Bal Gibi Tatlı Yaşam
- EKREM KARADAĞ

- 15 Eki
- 1 dakikada okunur

Ömrü boyunca hiç bal yememiş bir insan yediği bir şey sonrasında “bal gibi tatlıydı” demesi, kadar ilginç ve de tezat bir şey olamaz.
O kişinin yaşamış olduğu tatlı algısı duyumsaldır.
Rakı içmemiş kişilerin zararları dışında rakıyı kötülemeleri aynı özellik yansımalarıdır. Tatlı ve kötü duyumsal algılama şeklinden ibarettir. Yediğimiz, içtiğimiz gıda maddeleri bile aşırı yenildiğinde yararlarından çok insan bedenine zarar vermektedir.

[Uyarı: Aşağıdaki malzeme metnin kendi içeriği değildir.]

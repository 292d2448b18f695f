-- ===== src/Repo/Calls/WellFormed.antt =====
-- The numbering of the versions in every table, under any sequence of writes.
use contrato_core.Base.{
  ◌+◌, ◌≡◌, sym, subst, String, true, Option, none, some, List, [], ◌∷◌, Eq, pair_eq, string_eq,
}
use contrato_core.Table.History.{IsHistory, last_version, without-IsHistory}
use contrato_core.Storage.{
  Tenant, Result, ok, err, ContractRecord, PutOptions, Object, ObjectPutOptions,
}
use contrato_core.Storage.Server.{Db, World}
use contrato_core.Storage.Statements.{insert_keeps, statement_keeps, world-scan}
use contrato_core.Repo.Versioned.{Versioned}
use contrato_core.Repo.Versioned.Appends.{Appended}
use contrato_core.Repo.Appending.{
  create-Appends, put_node-Appends, put_edge-Appends, put_property-Appends, append_contract-Appends,
  append_object-Appends,
}
use contrato_core.Repo.ModelVersions
use contrato_core.Repo.ModelVersions.{create}
use contrato_core.Repo.Graph.{nodes, edges, put_node, put_edge}
use contrato_core.Repo.Properties.{properties, put_property}
use contrato_core.Repo.Contracts.{contracts, put_contract, append_contract, scan_contract}
use contrato_core.Repo.Objects.{
  objects, put_object, append_object, scan_object, delete_by_node_id, object_key, object_version,
}
use contrato_core.Repo.Registries.{
  tenant_of, upsert_tenant, create_tenant, create_type, create_status,
}
use contrato_core.Repo.Calls.{
  Call, new_tenant, new_type, new_status, new_model_version, write_node, write_edge, write_property,
  write_contract, write_object, delete_objects, perform, perform_all,
}

abbrev pub Numbered : {R K : Type 0} ⦃e : Eq K⦄ → Versioned R K → Db → Type 0
Numbered t d = IsHistory t.key t.version (t.rows d)

pub record IsWellFormed (d : Db) : Type 0 where
  pub model_versions : Numbered ModelVersions.table d
  pub nodes : Numbered nodes d
  pub edges : Numbered edges d
  pub properties : Numbered properties d
  pub contracts : Numbered contracts d
  pub objects : Numbered objects d

-- To prove a property of the database that a write leaves: it holds with one more row.
module _ {R K : Type 0} ⦃e : Eq K⦄ (t : Versioned R K) (P : Db → Type 0) where
  pub Appended_elim :
      (d : Db) (o : Result R × World)
      → P d
      → ((r : R)
          → t.version r ≡ last_version t.key t.version (t.key r) (t.rows d) + 1
          → t.admits d r ≡ true
          → P (t.put (r ∷ t.rows d) d))
      → Appended t d o
      → P o.1.db
  Appended_elim d (ok r, w) h grow (s, next, ad) = subst P (sym s) (grow r next ad)
  Appended_elim d (err x, w) h grow s = subst P (sym s) h

pub put_contract-world :
    (rec : ContractRecord) (opts : PutOptions) (w : World)
    → (put_contract rec opts w).1 ≡ (append_contract rec opts w).1
put_contract-world rec opts w =
    unfold put_contract in world-scan scan_contract (append_contract rec opts) w

pub put_object-world :
    (etag_of : String → String) (o : Object) (opts : ObjectPutOptions) (w : World)
    → (put_object etag_of o opts w).1 ≡ (append_object etag_of o opts w).1
put_object-world etag_of o opts w =
    unfold put_object in world-scan scan_object (append_object etag_of o opts) w

upsert_tenant-IsWellFormed :
    (name : String) (w : World) (o : Option Tenant)
    → IsWellFormed w.db
    → IsWellFormed (upsert_tenant name w o).1
upsert_tenant-IsWellFormed name w none h = assumption
upsert_tenant-IsWellFormed name w (some t) h = h

module _ (etag_of : String → String) where
  -- Each call, on success and on failure, keeps the numbering of every table.
  pub perform-IsWellFormed :
      (c : Call) (w : World) → IsWellFormed w.db → IsWellFormed (perform etag_of c w).db
  unfolding perform create_type create_status create_tenant delete_by_node_id
  perform-IsWellFormed (new_tenant name) w h =
      insert_keeps IsWellFormed _ _ w h
        (λ _. upsert_tenant-IsWellFormed name w (tenant_of name w) h)
  perform-IsWellFormed (new_type k) w h = insert_keeps IsWellFormed _ _ w h (λ _. assumption)
  perform-IsWellFormed (new_status s) w h = insert_keeps IsWellFormed _ _ w h (λ _. assumption)
  perform-IsWellFormed (new_model_version mv) w h =
      Appended_elim ModelVersions.table IsWellFormed w.db (create mv w) h (λ r next ad. assumption)
        ((create-Appends mv).at w h.model_versions)
  perform-IsWellFormed (write_node n opts) w h =
      Appended_elim nodes IsWellFormed w.db (put_node n opts w) h (λ r next ad. assumption)
        ((put_node-Appends n opts).at w h.nodes)
  perform-IsWellFormed (write_edge x opts) w h =
      Appended_elim edges IsWellFormed w.db (put_edge x opts w) h (λ r next ad. assumption)
        ((put_edge-Appends x opts).at w h.edges)
  perform-IsWellFormed (write_property p opts) w h =
      Appended_elim properties IsWellFormed w.db (put_property p opts w) h (λ r next ad. assumption)
        ((put_property-Appends p opts).at w h.properties)
  perform-IsWellFormed (write_contract rec opts) w h = rw (put_contract-world rec opts w) (
      Appended_elim contracts IsWellFormed w.db (append_contract rec opts w) h
        (λ r next ad. assumption) ((append_contract-Appends rec opts).at w h.contracts))
  perform-IsWellFormed (write_object o opts) w h = rw (put_object-world etag_of o opts w) (
      Appended_elim objects IsWellFormed w.db (append_object etag_of o opts w) h
        (λ r next ad. assumption) ((append_object-Appends etag_of o opts).at w h.objects))
  perform-IsWellFormed (delete_objects tenant_id node_id) w h = statement_keeps IsWellFormed _ w h (
      assumption
        (without-IsHistory object_key object_version (tenant_id, node_id) w.db.objects h.objects))

  -- If the versions of every key in every table are 1, 2, … in the order of insertion, they are so
  -- after any sequence of writes, whichever of them fail.
  pub perform_all-IsWellFormed :
      (cs : List Call) (w : World) → IsWellFormed w.db → IsWellFormed (perform_all etag_of cs w).db
  unfolding perform_all
  perform_all-IsWellFormed [] w h = h
  perform_all-IsWellFormed (c ∷ cs) w h =
      perform_all-IsWellFormed cs (perform etag_of c w) (perform-IsWellFormed c w h)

Beslenme yöresel, kültürel ve damak tadı ilintilidir, kontrolsüz alındığında yararından çok zararları tartışılmaktadır.
Artık üç beyaz diye adlandırılan un, şeker ve tuz maddelerinden korunma yöntemlerinin öğretildiği çağ yaşanılmaktadır, kırmızı et aşırı yenildiğinde kısmi körlük yaptığı bilimsel olarak ispatlanmıştır.
Yaşamı tatlı kılmanın kuralları bilinçli beslenmeden geçmektedir.
İç Anadolulu öğretmen arkadaşım ortaokul çağlarında küçük kardeşiyle okumak üzere beraber kalmaktadır, canı kavun çeker ve alır, güzelce dilimler ders çalışan kardeşini de afiyetle yemek üzere çağırır. Birlikte yemeye başlarlar, lakin kavun tatsızdır ama bitirirler.
Sonra kardeşine döner ve sorar; “kavun nasıldı” der.
Kardeş de, “ağabey sağ ol bal gibi tatlıydı” der.
Onun üzerine “oğlum biz hiç bal yemedik ki” der, “nereden biliyorsun bal tadını” deyince, kardeş de, “hiç ağabey yemeyip dökmektense öylesine tatlandırdım işte” der.
Ders verir nitelikte değil midir?
İşte önemli olan hayatı bal gibi tatlı yaşamaktır.